BEGIN Study material

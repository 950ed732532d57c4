-- ===== src/Setup/Listen.antt =====
-- Starting a server: `init_tcp_server`, `init_rc_server`, `init_uc_server` and `init_ud_server` of
-- src/server.
use rdma_kv_store.Base.{
  true, ℕ, zero, suc, ◌+◌, ◌*◌, ◌%◌, ◌==◌, if◌then◌else◌, ℤ, pos, negsuc, truthy, is_neg,
}
use rdma_kv_store.Common.{ConnectionType, tcp, rc, uc, ud}
use rdma_kv_store.Verbs.{
  qpt_ud, QpInitAttr, alloc_pd, create_comp_channel, create_cq, req_notify_cq, create_qp, query_gid,
  open_device, get_device_list, create_event_channel, socket, sigpipe_ignored, create_id, bind_id,
  listen_id, reuse_addr, bind, getsockname, listen, close_fd, random, calloc, Prog, ◌>>=◌, ◌>>◌,
  pure, exit_with, check, check_errno, invoke, obtain, ask, gets, modify, function,
}
use rdma_kv_store.Verbs.Buffers.{rdma_buffer_register, post_recieve, get_local_lid}
use rdma_kv_store.Verbs.QueuePair.{ud_set_init_qp, ud_set_rts_qp}
use rdma_kv_store.Server.{max_clients}
use rdma_kv_store.Setup.{sizeof_ud_request, max_sge, UdServer, Setup}
use rdma_kv_store.Setup.Accept.{is_minus_one, minus_enomem, set_ud_server}

-- BACKLOG of src/server/server_utils.h
abbrev pub backlog : ℕ
backlog = 10

-- EXIT_FAILURE
abbrev pub exit_failure : ℕ
exit_failure = 1

-- A socket that listens, made as the TCP, UC and UD servers make theirs; `put` stores it. Any failure
-- ends the process.
unfoldable pub listening_socket : {R : Type 0} → (ℤ → Setup → Setup) → Prog Setup R ℤ
listening_socket put = do
  fd ← invoke socket
  modify (put fd)
  if is_minus_one fd then exit_with exit_failure else pure tt
  reused ← invoke (reuse_addr fd)
  if is_neg reused then (do _ ← invoke (close_fd fd); exit_with exit_failure) else pure tt
  bound ← invoke (bind fd)
  if is_neg bound then exit_with exit_failure else pure tt
  named ← invoke (getsockname fd)
  if is_minus_one named then exit_with exit_failure else pure tt
  listens ← invoke (listen fd backlog)
  if is_neg listens then exit_with exit_failure else pure tt
  _ ← invoke sigpipe_ignored
  pure fd

-- A completion channel, and a queue for it on which notifications are asked for, as the UD server
-- makes them: `put` stores each handle as soon as it is there.
unfoldable pub notified_cq :
    ℕ → (ℕ → UdServer → UdServer) → (ℕ → UdServer → UdServer) → Prog Setup ℤ ℕ
notified_cq context put_channel put_cq = do
  channel ← obtain (create_comp_channel context)
  set_ud_server (put_channel channel)
  check_errno (channel == 0)
  cq ← obtain (create_cq context (max_clients + 1) channel)
  set_ud_server (put_cq cq)
  check_errno (cq == 0)
  ret ← invoke (req_notify_cq cq)
  check_errno (truthy ret)
  pure cq

unfoldable pub ud_post_receive : {R : Type 0} → Prog Setup R ℤ
ud_post_receive = do
  u ← gets λ s. s.ud_server
  key ← ask λ os log. os.lkey u.request_mr
  post_recieve sizeof_ud_request key u.request_count u.ud_qp
      (u.request + u.request_count * sizeof_ud_request)

-- The loop that posts the UD server's `n` buffers from `i` on.
unfoldable pub ud_post_all : ℕ → ℕ → Prog Setup ℤ ℤ
unfolding ud_post_receive
ud_post_all zero i = pure (pos 0)
ud_post_all (suc n) i = do
  set_ud_server λ u. record u { request_count = i }
  ret ← ud_post_receive
  check (truthy ret) ret
  ud_post_all n (suc i)

abbrev pub ud_attr : ℕ → ℕ → QpInitAttr
ud_attr recv_cq send_cq = record {
  max_sge = max_sge;
  max_wr = max_clients;
  qp_type = qpt_ud;
  recv_cq = recv_cq;
  send_cq = send_cq;
}

-- What `init_ud_server` tells clients about its queue pair.
unfoldable pub ud_local_attrs : ℕ → ℕ → Prog Setup ℤ (Unit {0})
ud_local_attrs context qp = do
  gid ← ask λ os log. os.gid log
  _ ← invoke (query_gid context)
  lid ← get_local_lid context
  qpn ← ask λ os log. os.qp_num qp
  psn ← obtain random
  set_ud_server λ u. record u {
    server_gid = gid;
    local_dgram_qp_attrs = record u.local_dgram_qp_attrs {
      gid_global_interface_id = gid.1;
      gid_global_subnet_prefix = gid.0;
      lid = lid;
      qpn = qpn;
      psn = psn % 16777216;
    };
  }

module _ {R : Type 0} where
  unfoldable pub init_tcp_server : Prog Setup R ℤ
  unfolding listening_socket
  init_tcp_server = listening_socket λ fd s. record s { tcp_socket = fd }

  unfoldable pub init_rc_server : Prog Setup R ℤ
  init_rc_server = function do
    channel ← obtain create_event_channel
    modify λ s. record s { rc_server = record s.rc_server { cm_event_channel = channel } }
    check_errno (channel == 0)
    id ← ask λ os log. os.ptr log (create_id channel)
    made ← invoke (create_id channel)
    modify λ s. record s { rc_server = record s.rc_server { cm_server_id = id } }
    check_errno (truthy made)
    bound ← invoke (bind_id id)
    check_errno (truthy bound)
    ret ← invoke (listen_id id 8)
    check_errno (truthy ret)
    pure ret

  -- The result is the -1 that the variable starts with.
  unfoldable pub init_uc_server : Prog Setup R ℤ
  unfolding listening_socket
  init_uc_server = function do
    list ← obtain get_device_list
    device ← ask λ os log. os.first_device list
    context ← obtain (open_device device)
    gid ← ask λ os log. os.gid log
    _ ← invoke (query_gid context)
    modify λ s. record s { uc_server = record s.uc_server { context = context; server_gid = gid } }
    _ ← listening_socket λ fd s. record s { uc_server = record s.uc_server { socket_fd = fd } }
    pure (negsuc 0)

  -- The results of `ud_set_init_qp` and `ud_set_rts_qp` are not looked at.
  unfoldable pub init_ud_server : Prog Setup R ℤ
  unfolding listening_socket notified_cq ud_post_all ud_local_attrs
  init_ud_server = function do
    list ← obtain get_device_list
    device ← ask λ os log. os.first_device list
    context ← obtain (open_device device)
    pd ← obtain (alloc_pd context)
    set_ud_server λ u. record u { pd = pd }
    check_errno (pd == 0)
    recv_cq ←
        notified_cq context (λ c u. record u { io_completion_channel_recv = c })
          λ c u. record u { ud_recv_cq = c }
    send_cq ←
        notified_cq context (λ c u. record u { io_completion_channel_send = c })
          λ c u. record u { ud_send_cq = c }
    set_ud_server λ u. record u { qp_init_attr = ud_attr recv_cq send_cq }
    qp ← obtain (create_qp pd 0 (ud_attr recv_cq send_cq))
    set_ud_server λ u. record u { ud_qp = qp }
    check_errno (qp == 0)
    _ ← ud_set_init_qp qp
    ud_local_attrs context qp
    request ← obtain (calloc max_clients)
    set_ud_server λ u. record u { request = request }
    mr ← rdma_buffer_register pd request (sizeof_ud_request * max_clients) true
    set_ud_server λ u. record u { request_mr = mr }
    check (mr == 0) minus_enomem
    ret ← ud_post_all max_clients 0
    set_ud_server λ u. record u { request_count = 0 }
    psn ← gets λ s. s.ud_server.local_dgram_qp_attrs.psn
    _ ← ud_set_rts_qp qp psn
    _ ← listening_socket λ fd s. record s { ud_server = record s.ud_server { socket_fd = fd } }
    pure ret

  -- The last `switch` of `server_init`. What the functions return is not looked at.
  unfoldable pub start_server : ConnectionType → Prog Setup R (Unit {0})
  unfolding init_tcp_server init_rc_server init_uc_server init_ud_server
  start_server tcp = do _ ← init_tcp_server; pure tt
  start_server rc = do _ ← init_rc_server; pure tt
  start_server uc = do _ ← init_uc_server; pure tt
  start_server ud = do _ ← init_ud_server; pure tt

END Study material

What is expected
Select every line above that contains the word "made", and copy it.

Result for this task
-- A socket that listens, made as the TCP, UC and UD servers make theirs; `put` stores it. Any failure
    made ← invoke (create_id channel)
    check_errno (truthy made)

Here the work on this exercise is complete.